林川澈径直走进来,觑见那束花,眼角轻挑,似笑非笑着吐槽道,“啧,苏停,你这花可真丑。”
出事以来,几乎罕见林川澈以这种语气神色打趣她。
苏停一时只觉可爱,笑笑说,“是啊,你的花怎么怎么丑?”
“我的花?什么我的花?”
苏停见林川澈还装模作样,扬起胳膊便想捏捏他的脸,“怎么,今天买了束丑花还不肯承认?”
“没买花啊。我刚放学过来啊。

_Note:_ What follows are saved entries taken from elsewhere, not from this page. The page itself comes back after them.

-- ===== src/Incoming/SelfSync.antt =====
-- The handler of `self_sync` in `ws.onmessage` (messk/src/lib/socket.ts): what another device of the
-- same user has done. Times are numbers of milliseconds; another number counts as 0.
use messk.Prelude.{
  ℕ, true, ◌||◌, not, Option, none, some, [], Text, codes, same, nonempty, truthy, ltb, ◌or_else◌,
  if◌then◌else◌,
}
use messk.Prelude.Int.{pos}
use messk.Prelude.Number.{Number}
use messk.Ratchet.Platform.{Platform}
use messk.Handshake.{decrypt_message}
use messk.Payloads.{
  SelfSyncPayload, direct_message, direct_edit, direct_delete, direct_reaction,
  parse_self_sync_payload,
}
use messk.Store.{
  StoredMessage, Status, pending, sent, delivered, read, failed, add_message_and_sync,
  find_by_msg_id, set_reaction,
}
use messk.Incoming.{
  DirectEnvelope, Client, Moment, acknowledge_offline_envelope, upsert_direct_contact, change_row,
}
use messk.Incoming.Message.{received_message}

abbrev pub milliseconds : Number → ℕ
milliseconds (Number.int (pos n)) = n
milliseconds _ = 0

-- `messageStatusRank`, plus one.
unfoldable pub message_status_rank : Status → ℕ
message_status_rank failed = 0
message_status_rank pending = 1
message_status_rank sent = 2
message_status_rank delivered = 3
message_status_rank read = 4

-- `existingMsg?.id`
abbrev pub with_id : Option StoredMessage → Option StoredMessage
with_id none = none
with_id (some m) = if ltb 0 m.id then some m else none

module _ (preview : Text → Text) where
  -- Only to a status of a higher rank.
  unfoldable pub raise_status : Status → StoredMessage → Client → Client
  raise_status status m client =
      if ltb (message_status_rank m.status) (message_status_rank status)
      then change_row preview m.id (λ n. record n { status = status }) client
      else client

module _ (p : Platform) (preview : Text → Text) (moment : Moment) (env : DirectEnvelope) where
  abbrev acknowledge : Client → Client
  acknowledge = acknowledge_offline_envelope moment env

  abbrev pub apply_payload : SelfSyncPayload → Option StoredMessage → Client → Client
  apply_payload (direct_message msg_id peer sender text timestamp status) (some m) client =
      acknowledge (raise_status preview status m client)
  apply_payload (direct_message msg_id peer sender text timestamp status) none client =
      acknowledge (
        upsert_direct_contact peer (milliseconds timestamp) true (record client {
          db =
              add_message_and_sync preview
                (received_message moment.next_id msg_id peer sender text (milliseconds timestamp)
                  status)
                client.db;
        }))
  apply_payload (direct_edit msg_id peer text edited_at) (some m) client = acknowledge (
      change_row preview m.id
        (λ n. record n {
          text = text;
          edited_at = some (milliseconds edited_at);
          deleted_at = none;
        })
        client)
  apply_payload (direct_delete msg_id peer deleted_at) (some m) client = acknowledge (
      change_row preview m.id
        (λ n. record n {
          text = codes "[Message deleted]";
          deleted_at = some (milliseconds deleted_at);
          edited_at = none;
          reactions = [];
        })
        client)
  apply_payload (direct_reaction msg_id peer actor reaction) (some m) client = acknowledge (
      change_row preview m.id
        (λ n. record n { reactions = set_reaction preview actor reaction m.reactions }) client)
  apply_payload _ none client = client

  abbrev pub payload_id : SelfSyncPayload → Text
  payload_id (direct_message msg_id _ _ _ _ _) = msg_id
  payload_id (direct_edit msg_id _ _ _) = msg_id
  payload_id (direct_delete msg_id _ _) = msg_id
  payload_id (direct_reaction msg_id _ _ _) = msg_id

  abbrev pub apply_parsed : Option SelfSyncPayload → Client → Client
  apply_parsed none client = client
  apply_parsed (some payload) client =
      apply_payload payload (with_id (find_by_msg_id (payload_id payload) client.db.messages))
        client

  abbrev pub read_copy : Option Text → Client → Client
  read_copy none client = client
  read_copy (some plaintext) client =
      if not (nonempty plaintext)
      then client
      else apply_parsed (parse_self_sync_payload plaintext) client

  unfoldable pub handle_self_sync : Client → Client
  handle_self_sync client =
      if not (truthy env.payload) || not (same (env.sender_pub_key or_else []) client.public_key)
      then client
      else read_copy
          (decrypt_message p (env.payload or_else []) client.secret_key client.public_key) client
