-- ===== src/Incoming/Invariant.antt =====
-- What the message store keeps, the handlers keep.
use messk.Prelude.{
  ℕ, ◌++◌, codes, ◌<◌, ◌≡◌, refl, ◌||◌, ◌&&◌, not, Option, none, some, [], Text, same, truthy, ltb,
  ◌or_else◌, if-property, arith,
}
use messk.Ratchet.Platform.{Platform}
use messk.Handshake.{encrypt_message}
use messk.Payloads.{SelfSyncPayload}
use messk.Payloads.Written.{stringify_self_sync}
use messk.Store.{
  Database, StoredMessage, Status, add_message_and_sync, update_message_and_sync, update_existing,
  update_message_by_msg_id, mark_message_edited, mark_message_deleted, apply_message_reaction,
  react_to, find_by_msg_id,
}
use messk.Incoming.{
  DirectEnvelope, Client, Moment, reply, offline_ack, delivery_receipt,
  acknowledge_offline_envelope, send_session_reset_notice, drop_session, forget_session,
  send_self_sync_direct_message, send_copy, payload_msg_id,
}
use messk.Incoming.Message.{receipt, copy, message_id}
use messk.Incoming.SelfSync.{with_id}

module _ (preview : Text → Text) where
  -- A property of the database that the two ways to write a message keep: a new row for an id that is
  -- not stored, and a change of a row that leaves its ids and its thread.
  pub record IsKept (P : Database → Type 0) : Type 0 where
    pub add :
        (m : StoredMessage) (db : Database)
        → 0 < m.id
        → with_id (find_by_msg_id m.msg_id db.messages) ≡ none
        → P db
        → P (add_message_and_sync preview m db)
    pub change :
        (id : ℕ) (changes : StoredMessage → StoredMessage) (db : Database)
        → ((m : StoredMessage) → (changes m).id ≡ m.id)
        → ((m : StoredMessage) → (changes m).msg_id ≡ m.msg_id)
        → ((m : StoredMessage) → (changes m).peer_public_key ≡ m.peer_public_key)
        → P db
        → P (update_message_and_sync preview id changes db)

module _ (preview : Text → Text) (P : Database → Type 0) (kept : IsKept preview P) where
  update_existing-Kept :
      (o : Option StoredMessage) (changes : StoredMessage → StoredMessage) (db : Database)
      → ((m : StoredMessage) → (changes m).id ≡ m.id)
      → ((m : StoredMessage) → (changes m).msg_id ≡ m.msg_id)
      → ((m : StoredMessage) → (changes m).peer_public_key ≡ m.peer_public_key)
      → P db
      → P (update_existing preview o changes db)
  update_existing-Kept none changes db i j k h = h
  update_existing-Kept (some m) changes db i j k h =
      if-property P (ltb 0 m.id) (update_message_and_sync preview m.id changes db) db
        (λ _. kept.change m.id changes db i j k h) (λ _. h)

  pub edited-Kept :
      (now : ℕ) (msg_id text : Text) (by : Option Text) (db : Database)
      → P db
      → P (mark_message_edited preview now msg_id text by db)
  unfolding mark_message_edited update_message_by_msg_id
  edited-Kept now msg_id text by db h =
      update_existing-Kept (find_by_msg_id msg_id db.messages) _ db (λ m. refl) (λ m. refl)
        (λ m. refl) h

  pub deleted-Kept :
      (now : ℕ) (msg_id : Text) (by : Option Text) (db : Database)
      → P db
      → P (mark_message_deleted preview now msg_id by db)
  unfolding mark_message_deleted update_message_by_msg_id
  deleted-Kept now msg_id by db h =
      update_existing-Kept (find_by_msg_id msg_id db.messages) _ db (λ m. refl) (λ m. refl)
        (λ m. refl) h

  react_to-Kept :
      (o : Option StoredMessage) (actor : Text) (reaction : Option Text) (db : Database)
      → P db
      → P (react_to preview o actor reaction db)
  react_to-Kept none actor reaction db h = h
  react_to-Kept (some m) actor reaction db h =
      update_existing-Kept (some m) _ db (λ m. refl) (λ m. refl) (λ m. refl) h

  pub reacted-Kept :
      (msg_id actor : Text) (reaction : Option Text) (db : Database)
      → P db
      → P (apply_message_reaction preview msg_id actor reaction db)
  unfolding apply_message_reaction
  reacted-Kept msg_id actor reaction db h =
      react_to-Kept (find_by_msg_id msg_id db.messages) actor reaction db h

  pub status-Kept :
      (msg_id : Text) (status : Status) (db : Database)
      → P db
      → P (update_message_by_msg_id preview msg_id (λ m. record m { status = status }) db)
  unfolding update_message_by_msg_id
  status-Kept msg_id status db h =
      update_existing-Kept (find_by_msg_id msg_id db.messages) _ db (λ m. refl) (λ m. refl)
        (λ m. refl) h

-- The steps that leave the table of messages alone.
pub acknowledge-db :
    (moment : Moment) (env : DirectEnvelope) (client : Client)
    → (acknowledge_offline_envelope moment env client).db ≡ client.db
unfolding acknowledge_offline_envelope
acknowledge-db moment env client =
    if-property (λ (c : Client). c.db ≡ client.db)
      (not (truthy env.msg_id) || not moment.can_send_immediately) client
      (reply (offline_ack (env.msg_id or_else [])) client) (λ _. refl) (λ _. refl)

pub reset_notice-db :
    (moment : Moment) (peer : Text) (client : Client)
    → (send_session_reset_notice moment peer client).db ≡ client.db
unfolding send_session_reset_notice
reset_notice-db moment peer client = ground arith

pub drop_session-db :
    (moment : Moment) (peer : Text) (client : Client)
    → (drop_session moment peer client).db ≡ client.db
drop_session-db moment peer client =
    ground (arith, reset_notice-db moment peer (forget_session peer client))

send_copy-db :
    (msg_id : Text) (o : Option Text) (client : Client) → (send_copy msg_id o client).db ≡ client.db
send_copy-db msg_id none client = refl
send_copy-db msg_id (some t) client = refl

pub self_sync-db :
    (p : Platform) (moment : Moment) (payload : SelfSyncPayload) (client : Client)
    → (send_self_sync_direct_message p moment payload client).db ≡ client.db
unfolding send_self_sync_direct_message
self_sync-db p moment payload client = ground (
  arith,
  send_copy-db (payload_msg_id payload ++ codes ":self")
      (encrypt_message p moment.nonce (stringify_self_sync payload) client.secret_key
        client.public_key)
      client,
)

module _ (p : Platform) (preview : Text → Text) (moment : Moment) (env : DirectEnvelope) where
  pub receipt-db :
      (sender : Text) (client : Client)
      → (receipt p preview moment env sender client).db ≡ client.db
  receipt-db sender client =
      if-property (λ (c : Client). c.db ≡ client.db)
        (moment.authenticated && not (same sender client.public_key))
        (reply (delivery_receipt sender (message_id p preview moment env)) client) client
        (λ _. refl) (λ _. refl)

  pub copy-db :
      (sender t : Text) (client : Client)
      → (copy p preview moment env sender t client).db ≡ client.db
  copy-db sender t client =
      if-property (λ (c : Client). c.db ≡ client.db) (same sender client.public_key) client _
        (λ _. refl) (λ _. self_sync-db p moment _ client)
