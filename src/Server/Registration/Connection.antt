-- ===== src/Server/Registration/Connection.antt =====
-- A connection, from kvs_connect of client/api.c to the session in thread_manage_session of
-- server/main.c. An `open` of a pipe waits until the other end is opened.
use so.Common.{
  ℕ, ◌+◌, ◌≤◌, Bool, true, false, Option, some, List, [], ◌∷◌, Bytes, length, replicate, Run, ok,
  str_eq, str_eq_refl, ◌&&◌, arith, ◌≡◌, refl, ap,
}
use so.Server.Operations.{Store}
use so.Server.Session.{overlay, serve_client, run_session}
use so.Server.Session.Handshake.{serve_client-connects}
use so.Client.Api.{
  Setup, prepare, connect, client_opens, Opening, reads, writes, build_message_paths,
}
use so.Server.Registration.Paths.{Paths, slot_paths, slot_size, manager_opens}
use so.Server.Registration.Scans.{IsPath}
use so.Server.Registration.Connect.{slot_paths-round_trip}

-- The two open the same pipes in the same order, at one end each, so that neither waits for ever.
abbrev pub meets : List Opening → List Opening → Bool
meets [] [] = true
meets (reads p ∷ xs) (writes q ∷ ys) = str_eq p q && meets xs ys
meets (writes p ∷ xs) (reads q ∷ ys) = str_eq p q && meets xs ys
meets _ _ = false

-- A client that has connected, and the manager that serves it.
pub record Connected (run : Option (Run (Bytes × ℕ))) (slot : Bytes → Bytes) (opened : List Opening)
    : Type 0 where
  pub message : Bytes
  pub returns : run ≡ some (ok (message, 0))
  pub paths : Paths
  pub scanned : slot_paths (slot message) ≡ ok paths
  pub other : List Opening
  pub opens : manager_opens paths ≡ some other
  pub no_wait : meets opened other ≡ true

module _ (w : Setup) (fd : ℕ) (store : Store) (chunks : List Bytes) where
  -- Where the pipes of the client are made and open, and its three paths have at most 75 bytes
  -- together, none empty and without NUL, white space or `|`: the manager answers and goes on to the
  -- session; for that answer `kvs_connect` returns 0; and from a zeroed slot of the buffer the manager
  -- reads the paths of the message, and opens the pipes in the order of the client, each at its other
  -- end.
  pub connect-Connected :
      (req resp notif : Bytes)
      → IsPath req
      → IsPath resp
      → IsPath notif
      → length req + (length resp + length notif) ≤ 75
      → prepare w req resp notif ≡ true
      → (answer : Bytes) × (serve_client true fd store chunks
          ≡ some (answer, run_session fd store chunks))
        × Connected
            (connect w req resp notif answer)
            (λ m. overlay m (replicate slot_size 0))
            (client_opens req resp notif)
  unfolding connect client_opens manager_opens
  connect-Connected req resp notif p q r fits ready =
      let (answer, serves, connects) =
        serve_client-connects fd store chunks req resp notif (omega arith) (omega arith)
          (omega arith) in
      (
        answer,
        serves,
        record {
          message = build_message_paths req resp notif;
          returns = rw ready (ap some connects);
          paths = record { req = some req; resp = some resp; notif = some notif };
          scanned = slot_paths-round_trip req resp notif p q r fits;
          other = writes resp ∷ reads req ∷ writes notif ∷ [];
          opens = refl;
          no_wait = rw (str_eq_refl resp, str_eq_refl req, str_eq_refl notif) refl;
        },
      )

”林川澈俯下身凑过来,乖乖地任她捏圆搓扁,可面上惊异之色愈浓。
林川澈顿了顿,又轻咳一声,有点不好意思地说出一个在他看来非常肉麻,非常油腻,但此时此刻分外想喊的称呼,“宝贝你睡傻了?”
他扬扬手机屏幕,“你看,才12点20。”
苏停这才顿住动作,“我妈说的,你来过了呀。”
这时,门外传来一阵急切的敲门声。
两人这才发觉,哪里似乎有点不对,对视一眼,林川澈起身去开门。
房门打开,门外站着一对中年夫妇,满眼沧桑痛苦,可面上却含怯意与感激,手里紧紧捏着薄薄一张纸。
林川澈垂眸看去。
纸上首行赫然是叁个大字——谅解书。